# Fungeyes



## DEDGOOSE (Jan 19, 2007)

Has anyone tried these? I know a sucker is born everyday...

For some of you die hard shroomers do you maybe have a current pair of sunglasses you wear that seems to help thus giving this product some validity

Fungeyes


----------



## DEDGOOSE (Jan 19, 2007)

Ok this is creepy, I just realized I was thinking I need a pair of sunglasses and this popped up on my Facebook feed


----------



## PunyTrout (Mar 23, 2007)

The gut says snake oil. 👎 

Or, spend the money and get a new pair of cheap sunglasses that cost you $90 bucks.

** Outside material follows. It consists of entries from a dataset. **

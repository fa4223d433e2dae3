-- ===== src/Incus/Mounts.antt =====
-- incus.py: the immutable stamp of an instance, and its workspace devices: `assert_immutable_config`,
-- `_legacy_fingerprint` and `sync_mounts`.
use derico_sandbox.Config.Load.{str_of}
use derico_sandbox.Config.Mounts.{Mount}
use derico_sandbox.Config.Ports.{int_digits}
use derico_sandbox.Config.Project.{
  ProjectConfig, immutable_fingerprint, instance_name, legacy_immutable_fingerprint,
}
use derico_sandbox.Errors.{
  Result, crash, device_failed, disappeared, err, incus_error, ok, settings_changed, value_error,
  type_error,
}
use derico_sandbox.FilePath.{FilePath}
use derico_sandbox.Incus.Client.{call, command, detail_of, instance_record, no_detail, setting}
use derico_sandbox.Incus.Values.{dict_of, is_text, or_empty}
use derico_sandbox.Json.{Value, null}
use derico_sandbox.Platform.{Platform}
use derico_sandbox.Prelude.{
  Bool, List, Option, String, [], contains, distinct, false, filter, if◌then◌else◌, leb, nat_Eq,
  none, not, select, some, string_Eq, suc, true, ℕ, ◌&&◌, ◌<>◌, ◌==◌, ◌||◌, ◌∷◌, length, map,
  nat_eq,
}
use derico_sandbox.Prelude.Decimal.{show}
use derico_sandbox.Prelude.Dict.{Dict, get, keys}
use derico_sandbox.Prelude.Sort.{sorted}
use derico_sandbox.Prelude.Text.{any_char, drop_chars, starts_with, str_le, strip}
use derico_sandbox.Errors
use mathlib.Core.Option
use derico_sandbox.FilePath
use derico_sandbox.Incus.Client.{is_some}
use derico_sandbox.System.{Action, System, failed, lift, return, throw, throw_if, ◌>>=◌, ◌>>◌}

-- `WORKSPACE_DEVICE_PREFIX`
abbrev pub workspace_prefix : String
workspace_prefix = "workspace-"

-- `_mount_device`
unfoldable pub mount_device : Mount → Dict String String
mount_device m =
    ("type", "disk")
    ∷ ("source", FilePath.render m.source)
    ∷ ("path", m.target)
    ∷ (if m.readonly then ("readonly", "true") ∷ [] else [])

-- `_device_args`
unfoldable pub device_args : Dict String String → List String
device_args device = select (λ (e : String × String). not (e.0 == "type")) setting device

abbrev pub field_text : Dict String String → String → String
field_text d k = Option.get_or (get d k) ""

abbrev same_flag : Bool → Bool → Bool
same_flag a b = if a then b else not b

-- `_same_disk`, of a device with the keys of `_mount_device`
unfoldable pub same_disk : Dict String Value → Dict String String → Bool
same_disk current wanted =
    is_text (field_text wanted "source") (get current "source")
    && is_text (field_text wanted "path") (get current "path")
    && same_flag (is_text "true" (get current "readonly")) (field_text wanted "readonly" == "true")

-- `desired`, from the index on
unfoldable pub desired_from : ℕ → List Mount → Dict String (Dict String String)
desired_from index [] = []
desired_from index (m ∷ ms) =
    (workspace_prefix <> show index, mount_device m) ∷ desired_from (suc index) ms

unfoldable pub desired_devices : ProjectConfig → Dict String (Dict String String)
desired_devices config = desired_from 0 config.mounts

-- `existing`
unfoldable pub workspace_devices : Dict String Value → Dict String Value
workspace_devices devices =
    filter (λ (e : String × Value). starts_with e.0 workspace_prefix) devices

-- `sorted(set(existing) - set(desired))`
unfoldable pub stale_names : List String → List String → List String
stale_names existing desired =
    sorted str_le (distinct (filter (λ n. not (contains desired n)) existing))

-- `(record or {}).get("devices") or {}`, and its items
unfoldable pub devices_of : System → Option (Dict String Value) → Result (Dict String Value)
devices_of system none = ok []
devices_of system (some entry) = or_empty system (get entry "devices")

-- `suffix.isdigit()`
abbrev is_digits : System → String → Bool
is_digits system s = not (s == "") && not (any_char (λ c. not (system.is_digit c)) s)

-- `indexed`: `int` refuses a digit that is not decimal.
unfoldable pub indexed_devices : System → Dict String Value → Result (List (ℕ × Value))
indexed_devices system [] = ok []
indexed_devices system ((name, device) ∷ rest) =
    let suffix = drop_chars 10 name in
    let later = indexed_devices system rest in
    let indexed : Result (List (ℕ × Value)) = elim (int_digits system.platform true 0 suffix) [
      | some n ↦ Errors.◌>>=◌ later λ more. ok ((n, device) ∷ more)
      | none ↦ err (crash value_error)
    ] in
    if not (starts_with name workspace_prefix) || not (is_digits system suffix)
    then later
    else indexed

abbrev text_or_empty : Platform → Option Value → String
text_or_empty platform none = ""
text_or_empty platform (some v) = str_of platform v

abbrev path_or : Platform → String → Option Value → String
path_or platform device none = device
path_or platform device (some v) = str_of platform v

-- `existing[name].get("path", name)`
unfoldable pub removed_path : Platform → String → Option Value → Result String
removed_path platform device none = ok device
removed_path platform device (some v) =
    Errors.◌>>=◌ (dict_of v) λ d. ok (path_or platform device (get d "path"))

-- `existing.get(name)`, whose `get` is called
unfoldable pub device_dict : Option Value → Result (Option (Dict String Value))
device_dict none = ok none
device_dict (some null) = ok none
device_dict (some v) = Errors.◌>>=◌ (dict_of v) λ d. ok (some d)

-- The rows of the old format. (A source or a path that is not a text would be written as it is.)
unfoldable pub mount_rows : Platform → List (ℕ × Value) → Result (List (String × String × Bool))
mount_rows platform [] = ok []
mount_rows platform ((n, device) ∷ rest) = Errors.◌>>=◌ (dict_of device) λ d.
    Errors.◌>>=◌ (mount_rows platform rest) λ rows. ok (
      (
        text_or_empty platform (get d "source"),
        text_or_empty platform (get d "path"),
        is_text "true" (get d "readonly"),
      )
      ∷ rows)

abbrev index_of : ℕ × Value → ℕ
index_of (n, device) = n

module _ (system : System) where
  -- `sorted` compares two devices at one index, and dictionaries have no order.
  unfoldable pub legacy_rows : Option (Dict String Value) → Result (List (String × String × Bool))
  legacy_rows entry = Errors.◌>>=◌ (devices_of system entry) λ devices.
      Errors.◌>>=◌ (indexed_devices system devices) λ indexed.
        if not (nat_eq (length (distinct (map index_of indexed))) (length indexed))
        then err (crash type_error)
        else mount_rows system.platform (sorted (λ (a b : ℕ × Value). leb a.0 b.0) indexed)

  -- `Incus._legacy_fingerprint`
  unfoldable pub legacy_fingerprint : ProjectConfig → Action String
  legacy_fingerprint config = do
    instance_ ← lift (instance_name system.platform config)
    entry ← instance_record system instance_
    rows ← lift (legacy_rows entry)
    return (legacy_immutable_fingerprint system.platform config rows)

  abbrev immutable_key : String
  immutable_key = "user.sandboxsh.immutable"

  -- `Incus.assert_immutable_config`
  unfoldable pub assert_immutable_config : ProjectConfig → Action (Unit {0})
  assert_immutable_config config = do
    instance_ ← lift (instance_name system.platform config)
    r ← command system ("config" ∷ "get" ∷ instance_ ∷ immutable_key ∷ []) false none
    let actual : String = if failed r then "" else strip r.stdout
    let stamp = immutable_fingerprint system.platform config
    let restamp = call system ("config" ∷ "set" ∷ instance_ ∷ (immutable_key <> "=" <> stamp) ∷ [])
    let upgrade : Action (Unit {0}) = legacy_fingerprint config >>= λ legacy.
        if actual == legacy then restamp else throw (incus_error settings_changed)
    if actual == stamp
        then return tt
        else if actual == ""
        then throw (incus_error settings_changed)
        else upgrade

  -- `Incus._device_command`
  unfoldable pub device_command : String → String → String → List String → Action (Unit {0})
  device_command instance_ action device args = do
    r ← command system ("config" ∷ "device" ∷ action ∷ instance_ ∷ device ∷ args) false none
    throw_if (failed r) (incus_error (device_failed action device (detail_of no_detail r)))

  unfoldable pub remove_device : String → Dict String Value → String → Action String
  remove_device instance_ existing device = do
    device_command instance_ "remove" device []
    lift (removed_path system.platform device (get existing device))

  -- The first loop of `sync_mounts`.
  unfoldable pub remove_devices : String → Dict String Value → List String → Action (List String)
  remove_devices instance_ existing [] = return []
  remove_devices instance_ existing (device ∷ rest) = do
    path ← remove_device instance_ existing device
    paths ← remove_devices instance_ existing rest
    return (path ∷ paths)

  abbrev add_device : String → String → Dict String String → Action (Unit {0})
  add_device instance_ device wanted =
      device_command instance_ "add" device ("disk" ∷ device_args wanted)

  -- The second loop, for one device: whether it was attached.
  unfoldable pub attach_device :
      String → String → Dict String String → Option (Dict String Value) → Action Bool
  attach_device instance_ device wanted none = add_device instance_ device wanted >> return true
  attach_device instance_ device wanted (some current) =
      let replace = do
        device_command instance_ "remove" device []
        add_device instance_ device wanted
        return true
      in if same_disk current wanted then return false else replace

  unfoldable pub bring_device :
      String → Dict String Value → String → Dict String String → Action Bool
  bring_device instance_ existing device wanted = do
    current ← lift (device_dict (get existing device))
    attach_device instance_ device wanted current

  unfoldable pub attach_devices :
      String → Dict String Value → Dict String (Dict String String) → Action (List String)
  attach_devices instance_ existing [] = return []
  attach_devices instance_ existing ((device, wanted) ∷ rest) = do
    attached ← bring_device instance_ existing device wanted
    paths ← attach_devices instance_ existing rest
    return (if attached then field_text wanted "path" ∷ paths else paths)

  -- `Incus.sync_mounts`
  unfoldable pub sync_mounts : ProjectConfig → Action (List String × List String)
  sync_mounts config = do
    instance_ ← lift (instance_name system.platform config)
    entry ← instance_record system instance_
    throw_if (not (is_some entry)) (incus_error (disappeared instance_))
    devices ← lift (devices_of system entry)
    let existing = workspace_devices devices
    let desired = desired_devices config
    removed ← remove_devices instance_ existing (stale_names (keys existing) (keys desired))
    attached ← attach_devices instance_ existing desired
    return (attached, removed)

I could be wrong. Maybe they're the greatest thing ever invented.


----------



## Petronius (Oct 13, 2010)

DEDGOOSE said:


> Has anyone tried these? I know a sucker is born everyday...
> 
> For some of you die hard shroomers do you maybe have a current pair of sunglasses you wear that seems to help thus giving this product some validity
> 
> Fungeyes


Don't know about the sunglasses but the mushroom hunting info is good.


----------



## DanP (Mar 1, 2005)

Maybe for whites but I chase Blacks most of the time. Not ready to spring for these but maybe try a pair of shooting
glasses this year as a test. Last year hit a spot late in the day that was back lit by the sun. Was like each mushroom had a little
light on inside. an outing of picking - not hunting they were so easy to find!!


----------



## TheHighLIfe (Sep 5, 2017)

I have a pair of these (meaning the lens materials or blue color) meant to aid finding your golf ball in the rough
I recall them being about 1/2 this price $25 - 30
and maybe 1/2 the quality 
google golf ball finder glasses

they did work!

I ordered a pair of these $90 to keep in my turkey bag


----------



## DEDGOOSE (Jan 19, 2007)

TheHighLIfe said:


> I have a pair of these (meaning the lens materials or blue color) meant to aid finding your golf ball in the rough
> I recall them being about 1/2 this price $25 - 30
> and maybe 1/2 the quality
> google golf ball finder glasses
> ...


Discount code


----------



## TheHighLIfe (Sep 5, 2017)

DEDGOOSE said:


> Discount code
> 
> damn, just blew $18 - haha


----------



## DEDGOOSE (Jan 19, 2007)

Yeah I'm sorry, cancel reorder...

I was searching out glasses that help you find your cellphone and one that helps find the remote and these popped up... Thought I'd post here didn't know someone was gonna order

Please do let us know how they work


----------



## TheHighLIfe (Sep 5, 2017)

will do

problem is that I haven't found one in 30 years, and that is when an employee took me to his honey hole

I have no eye for those things at all, don't know where to look

but if I wear them walking out of the woods when turkey hunting, I will have a better chance


----------



## TK81 (Mar 28, 2009)

DEDGOOSE said:


> Ok this is creepy, I just realized I was thinking I need a pair of sunglasses and this popped up on my Facebook feed


You got the Fauchi ouchie didn't ya?


----------



## Oldgrandman (Nov 16, 2004)

What I have on the subject.
Polaroid lenses are supposed to "highlight" the morel when you look for them. This came out about 40 or so years ago before the internet was publicly used.......


----------



## bobberbill (Apr 5, 2011)

My son and late FIL is/was color 'blind'. We called it color confusion, but he and Pa could spot a shroom half way across the damn woods. I might find one or two, and they'd have a basket full. My son would point one out to me and I'd never see it. They could spot bright GREEN deer, too.


----------



## Scout 2 (Dec 31, 2004)

I bet a pair of those glasses would work good along with the mushroom call


----------



## DanSS26 (Jul 10, 2008)

I seen an add for those mushroom glasses back in the '70s in the back of a comicbook. It was right below the X-ray vision glasses.


----------



## DEDGOOSE (Jan 19, 2007)

Oldgrandman said:


> What I have on the subject.
> Polaroid lenses are supposed to "highlight" the morel when you look for them. This came out about 40 or so years ago before the internet was publicly used.......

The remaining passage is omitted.